Generated JsonAdapters are a great way to remove boilerplate code from manual JSON parsers.
Of course, you can also write your own custom JsonAdapters and reuse them in your code.

If you want to learn more about Moshi’s Kotlin Code Gen, you can read this excellent article from its main contributor, Zac Sweers.

3. Coroutines magic for big data sources

In the previous example we saw how to filter out items inside the parser. Now, what if we wanted to filter out items from outside the parser, or wanted to process parsed items one by one, without storing them all at once into memory?

We can achieve this by creating a lazy streaming parser which returns a Kotlin Sequence instead of a List. Sequences allow to keep memory usage under control when dealing with potentially huge JSON lists, as they only deal with one item at a time and all processing is delayed until their final collection. A Sequence can also be converted to an Iterable for Java compatibility.

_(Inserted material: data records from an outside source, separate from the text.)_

-- ===== src/Packet/Crc/Division.antt =====
-- `enet_crc32` of original/packet.c is the division by the polynomial 0xEDB88320, bit by bit, which
-- its table does for a byte at once.
use Prim.Native.Nat.{bit_xor}
use enet_rs.Prelude.{
  ℕ, zero, suc, ◌+◌, ◌*◌, ◌/◌, ◌%◌, ◌-◌, ◌<◌, ◌≡◌, refl, sym, ap, ◌∙◌, List, [], ◌∷◌, get_or, ◌==◌,
  if◌then◌else◌, Bool, true, false, arith, map,
}
use enet_rs.Prelude.Xor.{xor_half, xor_low, xor_assoc, shifted, xor_shifted, xor_below}
use enet_rs.Packet.Crc.{crc_table, crc_bytes, crc32, swap_bytes}

-- A step of the division: a bit leaves at the low end.
abbrev pub divide_bit : ℕ → ℕ
divide_bit c = if c % 2 == 1 then bit_xor (c / 2) 0xedb88320 else c / 2

abbrev pub divide_bits : ℕ → ℕ → ℕ
divide_bits zero c = c
divide_bits (suc k) c = divide_bits k (divide_bit c)

-- The checksum without a table: each byte is put in at the low end and divided away.
abbrev pub divide_bytes : List ℕ → ℕ → ℕ
divide_bytes [] c = c
divide_bytes (b ∷ bs) c = divide_bytes bs (divide_bits 8 (bit_xor c b))

abbrev numbers : ℕ → ℕ → List ℕ
numbers zero i = []
numbers (suc k) i = i ∷ numbers k (i + 1)

table_divides : crc_table ≡ map (divide_bits 8) (numbers 256 0)
unfolding crc_table
table_divides = refl

get_or-numbers : (f : ℕ → ℕ) (n i j : ℕ) → j < n → get_or (map f (numbers n i)) j 0 ≡ f (i + j)
get_or-numbers f zero i j h = absurd (omega (arith, h))
get_or-numbers f (suc n) i zero h = ap f (omega arith)
get_or-numbers f (suc n) i (suc j) h =
    get_or-numbers f n (i + 1) j (omega (arith, h)) ∙ ap f (omega arith)

table_entry : (j : ℕ) → j < 256 → get_or crc_table j 0 ≡ divide_bits 8 j
table_entry j h =
    ap (λ t. get_or t j 0) table_divides
    ∙ get_or-numbers (divide_bits 8) 256 0 j h
    ∙ ap (divide_bits 8) (omega arith)

bit_if :
    (t u : Bool) (x y z : ℕ)
    → t ≡ u
    → bit_xor x y ≡ z
    → (if t then bit_xor (bit_xor x y) 0xedb88320 else bit_xor x y)
      ≡ bit_xor x (if u then bit_xor y 0xedb88320 else y)
bit_if true true x y z e f = xor_assoc x y 0xedb88320
bit_if true false x y z e f = absurd (cc e)
bit_if false true x y z e f = absurd (cc e)
bit_if false false x y z e f = refl

-- Digits above do not take part in a step.
divide_bit-xor :
    (k h l : ℕ) → divide_bit (bit_xor (shifted (suc k) h) l) ≡ bit_xor (shifted k h) (divide_bit l)
divide_bit-xor k h l =
    let half : bit_xor (shifted (suc k) h) l / 2 ≡ bit_xor (shifted k h) (l / 2) =
      xor_half (shifted (suc k) h) l
      ∙ ap (λ z. bit_xor z (l / 2))
          (let e : shifted k h * 2 / 2 ≡ shifted k h = omega arith in e) in
    let low : bit_xor (shifted (suc k) h) l % 2 ≡ l % 2 =
      omega (arith, xor_low (shifted (suc k) h) l) in
    ap
      (λ z.
        if z == 1
        then bit_xor (bit_xor (shifted (suc k) h) l / 2) 0xedb88320
        else bit_xor (shifted (suc k) h) l / 2)
      low
    ∙ ap (λ z. if l % 2 == 1 then bit_xor z 0xedb88320 else z) half
    ∙ bit_if (l % 2 == 1) (l % 2 == 1) (shifted k h) (l / 2) (bit_xor (shifted k h) (l / 2)) refl
        refl

divide_bits-xor :
    (k h l : ℕ) → divide_bits k (bit_xor (shifted k h) l) ≡ bit_xor h (divide_bits k l)
divide_bits-xor zero h l = refl
divide_bits-xor (suc k) h l =
    ap (divide_bits k) (divide_bit-xor k h l) ∙ divide_bits-xor k h (divide_bit l)

-- A byte, by the table and by the division.
byte_step :
    (c b : ℕ)
    → b < 256
    → bit_xor (c / 256) (get_or crc_table (bit_xor (c % 256) b) 0) ≡ divide_bits 8 (bit_xor c b)
byte_step c b h =
    let split : bit_xor (shifted 8 (c / 256)) (c % 256) ≡ c =
      omega (arith, xor_shifted 8 (c / 256) (c % 256) (omega arith)) in
    ap (bit_xor (c / 256))
      (table_entry (bit_xor (c % 256) b) (xor_below 8 (c % 256) b (omega arith) (omega (arith, h))))
    ∙ sym (divide_bits-xor 8 (c / 256) (bit_xor (c % 256) b))
    ∙ ap (divide_bits 8)
        (sym (xor_assoc (shifted 8 (c / 256)) (c % 256) b) ∙ ap (λ z. bit_xor z b) split)

-- All members of a list are bytes.
pub data AreBytes : List ℕ → Type 0 where
  no_bytes : AreBytes []
  a_byte : (b : ℕ) (bs : List ℕ) → b < 256 → AreBytes bs → AreBytes (b ∷ bs)

crc_bytes-divide : (bs : List ℕ) (c : ℕ) → AreBytes bs → crc_bytes bs c ≡ divide_bytes bs c
unfolding crc_bytes
crc_bytes-divide [] c no_bytes = refl
crc_bytes-divide (b ∷ bs) c (a_byte _ _ h hs) =
    crc_bytes-divide bs (bit_xor (c / 256) (get_or crc_table (bit_xor (c % 256) b) 0)) hs
    ∙ ap (divide_bytes bs) (byte_step c b h)

-- For every list of bytes the checksum that `enet_crc32` computes by its table of 256 entries is the
-- remainder of the division by the reversed polynomial 0xEDB88320 one bit at a time, started at and
-- complemented to 2 ^ 32 - 1, with its bytes in network order.
pub crc32-division :
    (bs : List ℕ) → AreBytes bs → crc32 bs ≡ swap_bytes (4294967295 - divide_bytes bs 4294967295)
unfolding crc32
crc32-division bs h = ap (λ c. swap_bytes (4294967295 - c)) (crc_bytes-divide bs 4294967295 h)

While it is possible to manually write a custom Sequence with a custom Iterator which will resume parsing every time next() is called, it is not an easy task. It requires some mental gymnastics because the parsing code, instead of being structured hierarchically like the JSON file in one single block, has to be split into separate parts sharing the same state.

Fortunately, there is an easier way thanks to Kotlin’s coroutines which allow to build a lazy sequence using only a single block of synchronous code and the yield() suspending function.

class LazyParser(moshi: Moshi) {
    private val personAdapter: JsonAdapter<Person> = moshi.adapter(Person::class.java)

    fun parse(reader: JsonReader): Sequence<Person> {
        return sequence {
            reader.readArray {
                yield(personAdapter.fromJson(reader)!!)
            }
        }
    }
}

The code is very simple. It’s similar to building a list in one go, except that the calls to add an item to the list are replaced with yield(item). The parser will effectively stop at that point, preserving its state, then resume later when the next item of the Sequence is requested by the caller. That’s all the code needed to create a fully lazy JSON parser in Kotlin.

It’s then possible filter out items, iterate over them or do anything else lazily outside of the parser:

val sequence = LazyParser(moshi).parse(reader)
val filteredList = sequence.filter { it.age >= 18 }.toList()

I hope this article was able to inspire you to make your JSON parsers cleaner, faster and fun. Feel free to share it and also ask questions or provide more examples in the comments. Happy coding!